**Activity**
Each line that contains "nothing" needs to be copied from the listing.

**Material for the task**

++++

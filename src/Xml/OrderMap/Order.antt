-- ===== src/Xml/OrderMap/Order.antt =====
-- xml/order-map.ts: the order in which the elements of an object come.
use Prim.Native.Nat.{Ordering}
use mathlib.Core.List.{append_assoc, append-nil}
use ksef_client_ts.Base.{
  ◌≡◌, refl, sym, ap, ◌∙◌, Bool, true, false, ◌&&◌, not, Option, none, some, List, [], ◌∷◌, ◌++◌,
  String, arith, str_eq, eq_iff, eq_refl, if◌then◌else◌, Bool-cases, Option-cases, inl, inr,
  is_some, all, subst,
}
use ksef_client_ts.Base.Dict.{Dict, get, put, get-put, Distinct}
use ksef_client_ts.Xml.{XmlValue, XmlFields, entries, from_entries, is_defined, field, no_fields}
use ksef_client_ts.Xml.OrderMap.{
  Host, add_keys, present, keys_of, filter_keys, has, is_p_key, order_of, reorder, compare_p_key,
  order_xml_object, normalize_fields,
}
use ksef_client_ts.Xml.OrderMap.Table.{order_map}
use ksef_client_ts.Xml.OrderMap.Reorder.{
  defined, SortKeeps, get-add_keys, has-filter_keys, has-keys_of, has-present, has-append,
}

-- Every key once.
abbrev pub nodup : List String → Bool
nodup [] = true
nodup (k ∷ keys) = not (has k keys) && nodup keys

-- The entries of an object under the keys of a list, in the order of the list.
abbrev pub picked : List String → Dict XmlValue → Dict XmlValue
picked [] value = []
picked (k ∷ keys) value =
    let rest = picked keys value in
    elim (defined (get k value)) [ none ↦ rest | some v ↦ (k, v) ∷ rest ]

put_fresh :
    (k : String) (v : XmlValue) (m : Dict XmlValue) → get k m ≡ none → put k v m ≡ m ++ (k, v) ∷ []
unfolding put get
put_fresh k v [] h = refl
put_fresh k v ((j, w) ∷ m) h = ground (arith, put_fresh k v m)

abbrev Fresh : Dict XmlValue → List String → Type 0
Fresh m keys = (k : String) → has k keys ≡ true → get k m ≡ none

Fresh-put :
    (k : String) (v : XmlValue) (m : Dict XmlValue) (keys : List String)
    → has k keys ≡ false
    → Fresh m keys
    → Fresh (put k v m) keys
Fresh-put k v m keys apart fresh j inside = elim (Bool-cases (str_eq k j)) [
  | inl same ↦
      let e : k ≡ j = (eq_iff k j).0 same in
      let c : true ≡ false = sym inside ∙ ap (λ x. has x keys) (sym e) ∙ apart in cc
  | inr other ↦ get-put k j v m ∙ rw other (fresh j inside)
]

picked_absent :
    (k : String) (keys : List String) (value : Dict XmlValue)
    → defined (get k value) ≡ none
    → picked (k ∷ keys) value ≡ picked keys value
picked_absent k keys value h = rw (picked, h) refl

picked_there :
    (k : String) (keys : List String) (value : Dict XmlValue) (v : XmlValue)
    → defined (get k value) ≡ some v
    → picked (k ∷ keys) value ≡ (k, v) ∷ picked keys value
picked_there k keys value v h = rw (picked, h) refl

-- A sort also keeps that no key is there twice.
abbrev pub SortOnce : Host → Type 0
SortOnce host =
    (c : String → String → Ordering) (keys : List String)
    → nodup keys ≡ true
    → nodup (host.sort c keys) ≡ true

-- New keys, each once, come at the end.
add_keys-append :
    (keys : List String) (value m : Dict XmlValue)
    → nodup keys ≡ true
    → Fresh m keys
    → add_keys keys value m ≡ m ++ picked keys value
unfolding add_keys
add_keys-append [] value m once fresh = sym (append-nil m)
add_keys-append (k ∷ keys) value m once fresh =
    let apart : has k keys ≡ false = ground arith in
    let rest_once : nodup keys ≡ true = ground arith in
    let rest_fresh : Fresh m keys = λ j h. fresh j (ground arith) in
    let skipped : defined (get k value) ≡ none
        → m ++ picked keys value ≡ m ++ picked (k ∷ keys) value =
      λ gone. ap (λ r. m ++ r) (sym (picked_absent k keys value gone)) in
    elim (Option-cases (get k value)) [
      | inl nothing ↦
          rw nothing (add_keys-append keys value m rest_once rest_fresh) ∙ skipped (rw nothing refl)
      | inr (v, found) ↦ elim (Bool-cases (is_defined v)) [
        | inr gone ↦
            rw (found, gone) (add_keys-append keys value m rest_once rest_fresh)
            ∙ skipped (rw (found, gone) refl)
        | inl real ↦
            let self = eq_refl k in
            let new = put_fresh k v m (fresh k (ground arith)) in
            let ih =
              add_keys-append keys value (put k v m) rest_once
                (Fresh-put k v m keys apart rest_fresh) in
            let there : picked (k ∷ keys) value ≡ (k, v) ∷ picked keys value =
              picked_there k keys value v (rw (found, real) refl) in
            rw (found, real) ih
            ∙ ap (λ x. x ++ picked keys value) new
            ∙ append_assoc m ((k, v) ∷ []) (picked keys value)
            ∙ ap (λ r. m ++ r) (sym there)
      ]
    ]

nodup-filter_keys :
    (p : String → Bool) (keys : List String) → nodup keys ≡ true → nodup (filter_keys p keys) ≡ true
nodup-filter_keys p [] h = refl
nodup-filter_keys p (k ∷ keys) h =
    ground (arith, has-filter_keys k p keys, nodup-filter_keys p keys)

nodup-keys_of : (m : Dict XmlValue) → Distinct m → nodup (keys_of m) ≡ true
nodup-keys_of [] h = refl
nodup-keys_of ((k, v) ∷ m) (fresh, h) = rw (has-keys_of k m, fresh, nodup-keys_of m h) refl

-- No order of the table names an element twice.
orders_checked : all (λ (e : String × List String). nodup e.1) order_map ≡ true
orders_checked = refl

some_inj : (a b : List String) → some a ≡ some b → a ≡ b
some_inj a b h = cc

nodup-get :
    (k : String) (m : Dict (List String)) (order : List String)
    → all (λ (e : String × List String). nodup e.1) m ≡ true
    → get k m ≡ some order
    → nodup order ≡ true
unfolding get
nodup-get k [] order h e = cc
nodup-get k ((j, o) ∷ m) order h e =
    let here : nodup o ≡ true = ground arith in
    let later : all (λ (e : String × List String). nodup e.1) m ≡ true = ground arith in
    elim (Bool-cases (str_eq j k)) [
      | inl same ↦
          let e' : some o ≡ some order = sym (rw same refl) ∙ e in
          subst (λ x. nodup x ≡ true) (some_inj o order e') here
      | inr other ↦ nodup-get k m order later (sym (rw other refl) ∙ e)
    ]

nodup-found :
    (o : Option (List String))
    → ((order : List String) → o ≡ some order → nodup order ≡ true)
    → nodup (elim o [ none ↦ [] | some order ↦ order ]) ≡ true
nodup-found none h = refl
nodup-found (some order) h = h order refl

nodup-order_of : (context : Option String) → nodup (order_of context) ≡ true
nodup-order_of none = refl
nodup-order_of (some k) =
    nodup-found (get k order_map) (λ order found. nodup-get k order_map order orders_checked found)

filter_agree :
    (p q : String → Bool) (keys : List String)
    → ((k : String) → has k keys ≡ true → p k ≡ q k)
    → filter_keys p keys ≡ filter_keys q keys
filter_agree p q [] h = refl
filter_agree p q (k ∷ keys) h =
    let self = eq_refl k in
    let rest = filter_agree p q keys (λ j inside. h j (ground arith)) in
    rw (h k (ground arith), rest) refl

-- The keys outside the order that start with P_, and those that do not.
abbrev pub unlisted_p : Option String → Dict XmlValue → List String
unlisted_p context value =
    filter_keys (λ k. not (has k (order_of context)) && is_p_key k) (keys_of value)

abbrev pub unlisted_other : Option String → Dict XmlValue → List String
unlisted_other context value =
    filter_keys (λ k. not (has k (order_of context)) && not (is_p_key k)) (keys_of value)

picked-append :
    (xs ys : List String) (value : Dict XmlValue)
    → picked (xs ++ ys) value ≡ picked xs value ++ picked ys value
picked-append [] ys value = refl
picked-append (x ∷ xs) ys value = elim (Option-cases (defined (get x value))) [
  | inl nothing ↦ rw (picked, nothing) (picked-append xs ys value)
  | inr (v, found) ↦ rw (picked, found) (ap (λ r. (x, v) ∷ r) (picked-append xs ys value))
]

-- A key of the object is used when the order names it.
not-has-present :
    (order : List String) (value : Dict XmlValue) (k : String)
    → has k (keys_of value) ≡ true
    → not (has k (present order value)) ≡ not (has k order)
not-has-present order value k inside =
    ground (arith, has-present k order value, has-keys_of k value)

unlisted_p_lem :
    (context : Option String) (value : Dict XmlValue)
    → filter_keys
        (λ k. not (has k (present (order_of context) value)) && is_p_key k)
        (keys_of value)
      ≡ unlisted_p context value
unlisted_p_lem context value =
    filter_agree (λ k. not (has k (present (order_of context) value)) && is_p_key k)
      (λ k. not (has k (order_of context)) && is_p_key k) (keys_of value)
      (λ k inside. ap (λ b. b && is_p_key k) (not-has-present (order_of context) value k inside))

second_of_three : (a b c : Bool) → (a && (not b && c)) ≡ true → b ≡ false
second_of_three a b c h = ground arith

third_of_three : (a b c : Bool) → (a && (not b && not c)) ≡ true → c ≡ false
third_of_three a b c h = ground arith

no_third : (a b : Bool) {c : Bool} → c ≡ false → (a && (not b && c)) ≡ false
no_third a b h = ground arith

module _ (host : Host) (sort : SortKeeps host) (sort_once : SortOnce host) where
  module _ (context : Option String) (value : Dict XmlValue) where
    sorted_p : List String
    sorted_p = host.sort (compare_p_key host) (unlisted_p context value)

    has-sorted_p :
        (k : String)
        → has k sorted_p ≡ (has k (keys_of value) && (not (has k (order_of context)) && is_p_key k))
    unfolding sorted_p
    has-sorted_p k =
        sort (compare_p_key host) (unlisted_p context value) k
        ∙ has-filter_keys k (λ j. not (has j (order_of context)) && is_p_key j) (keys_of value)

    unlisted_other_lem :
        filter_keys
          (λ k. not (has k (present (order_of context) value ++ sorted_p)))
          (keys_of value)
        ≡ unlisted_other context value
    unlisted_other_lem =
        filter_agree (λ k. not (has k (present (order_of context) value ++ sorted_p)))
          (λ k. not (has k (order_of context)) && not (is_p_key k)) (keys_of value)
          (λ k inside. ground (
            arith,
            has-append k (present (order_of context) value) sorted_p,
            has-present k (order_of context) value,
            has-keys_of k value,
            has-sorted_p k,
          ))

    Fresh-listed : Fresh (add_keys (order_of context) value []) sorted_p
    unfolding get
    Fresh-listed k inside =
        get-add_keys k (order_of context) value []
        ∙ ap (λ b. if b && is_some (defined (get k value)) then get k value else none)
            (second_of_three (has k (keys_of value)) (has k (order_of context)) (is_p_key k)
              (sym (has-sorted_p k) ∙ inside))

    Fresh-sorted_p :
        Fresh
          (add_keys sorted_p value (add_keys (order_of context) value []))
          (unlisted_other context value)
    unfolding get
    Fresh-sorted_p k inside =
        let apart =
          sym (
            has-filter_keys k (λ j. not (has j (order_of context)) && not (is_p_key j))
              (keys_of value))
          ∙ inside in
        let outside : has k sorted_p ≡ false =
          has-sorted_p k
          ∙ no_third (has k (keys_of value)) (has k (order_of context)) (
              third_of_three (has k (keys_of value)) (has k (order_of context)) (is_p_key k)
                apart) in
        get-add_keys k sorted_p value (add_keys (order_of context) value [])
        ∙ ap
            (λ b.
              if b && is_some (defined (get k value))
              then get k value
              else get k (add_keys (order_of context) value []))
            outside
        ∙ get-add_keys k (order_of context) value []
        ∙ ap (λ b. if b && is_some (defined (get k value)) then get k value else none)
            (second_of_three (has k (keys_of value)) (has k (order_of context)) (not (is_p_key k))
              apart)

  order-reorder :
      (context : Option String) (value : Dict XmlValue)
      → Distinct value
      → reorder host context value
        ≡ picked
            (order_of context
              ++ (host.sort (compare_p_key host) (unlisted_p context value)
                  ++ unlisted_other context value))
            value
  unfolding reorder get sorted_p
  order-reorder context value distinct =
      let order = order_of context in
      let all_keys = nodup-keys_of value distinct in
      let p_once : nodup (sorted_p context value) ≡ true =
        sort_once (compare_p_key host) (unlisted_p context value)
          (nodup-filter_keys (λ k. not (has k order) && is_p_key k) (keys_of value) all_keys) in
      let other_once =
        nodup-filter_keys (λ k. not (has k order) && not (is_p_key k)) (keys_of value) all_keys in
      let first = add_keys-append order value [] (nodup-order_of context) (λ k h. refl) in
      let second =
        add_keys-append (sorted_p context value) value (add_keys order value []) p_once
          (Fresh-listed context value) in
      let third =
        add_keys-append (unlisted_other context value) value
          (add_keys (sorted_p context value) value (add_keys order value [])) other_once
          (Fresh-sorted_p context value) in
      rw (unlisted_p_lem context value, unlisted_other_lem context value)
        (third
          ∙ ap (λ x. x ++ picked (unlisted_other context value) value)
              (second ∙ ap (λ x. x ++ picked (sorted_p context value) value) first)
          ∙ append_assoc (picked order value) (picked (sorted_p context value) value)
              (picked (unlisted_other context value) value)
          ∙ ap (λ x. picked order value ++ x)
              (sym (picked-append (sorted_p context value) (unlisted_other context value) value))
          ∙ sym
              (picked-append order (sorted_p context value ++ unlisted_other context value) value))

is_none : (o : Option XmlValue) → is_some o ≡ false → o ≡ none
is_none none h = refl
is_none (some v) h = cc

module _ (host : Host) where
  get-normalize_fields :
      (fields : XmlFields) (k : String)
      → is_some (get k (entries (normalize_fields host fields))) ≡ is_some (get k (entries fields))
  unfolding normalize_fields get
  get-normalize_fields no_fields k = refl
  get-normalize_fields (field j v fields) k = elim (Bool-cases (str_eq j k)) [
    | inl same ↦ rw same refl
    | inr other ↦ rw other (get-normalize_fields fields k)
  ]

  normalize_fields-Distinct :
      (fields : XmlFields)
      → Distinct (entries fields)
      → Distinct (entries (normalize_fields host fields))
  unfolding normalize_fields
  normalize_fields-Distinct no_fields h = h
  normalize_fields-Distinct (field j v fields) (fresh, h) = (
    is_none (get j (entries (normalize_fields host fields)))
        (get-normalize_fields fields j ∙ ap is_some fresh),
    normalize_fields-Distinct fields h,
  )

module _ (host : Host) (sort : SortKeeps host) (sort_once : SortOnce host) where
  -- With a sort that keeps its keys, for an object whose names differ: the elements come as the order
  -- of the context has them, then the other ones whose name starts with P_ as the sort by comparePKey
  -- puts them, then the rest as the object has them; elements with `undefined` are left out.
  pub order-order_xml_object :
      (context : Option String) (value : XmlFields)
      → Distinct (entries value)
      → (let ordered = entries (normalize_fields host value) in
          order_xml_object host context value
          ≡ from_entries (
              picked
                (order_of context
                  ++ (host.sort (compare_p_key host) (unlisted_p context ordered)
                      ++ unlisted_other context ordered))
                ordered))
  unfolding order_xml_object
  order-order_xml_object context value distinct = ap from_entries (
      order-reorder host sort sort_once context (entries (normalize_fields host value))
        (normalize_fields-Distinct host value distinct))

++++

**Response to this task**
      | inl nothing ↦
          rw nothing (add_keys-append keys value m rest_once rest_fresh) ∙ skipped (rw nothing refl)
  | inl nothing ↦ rw (picked, nothing) (picked-append xs ys value)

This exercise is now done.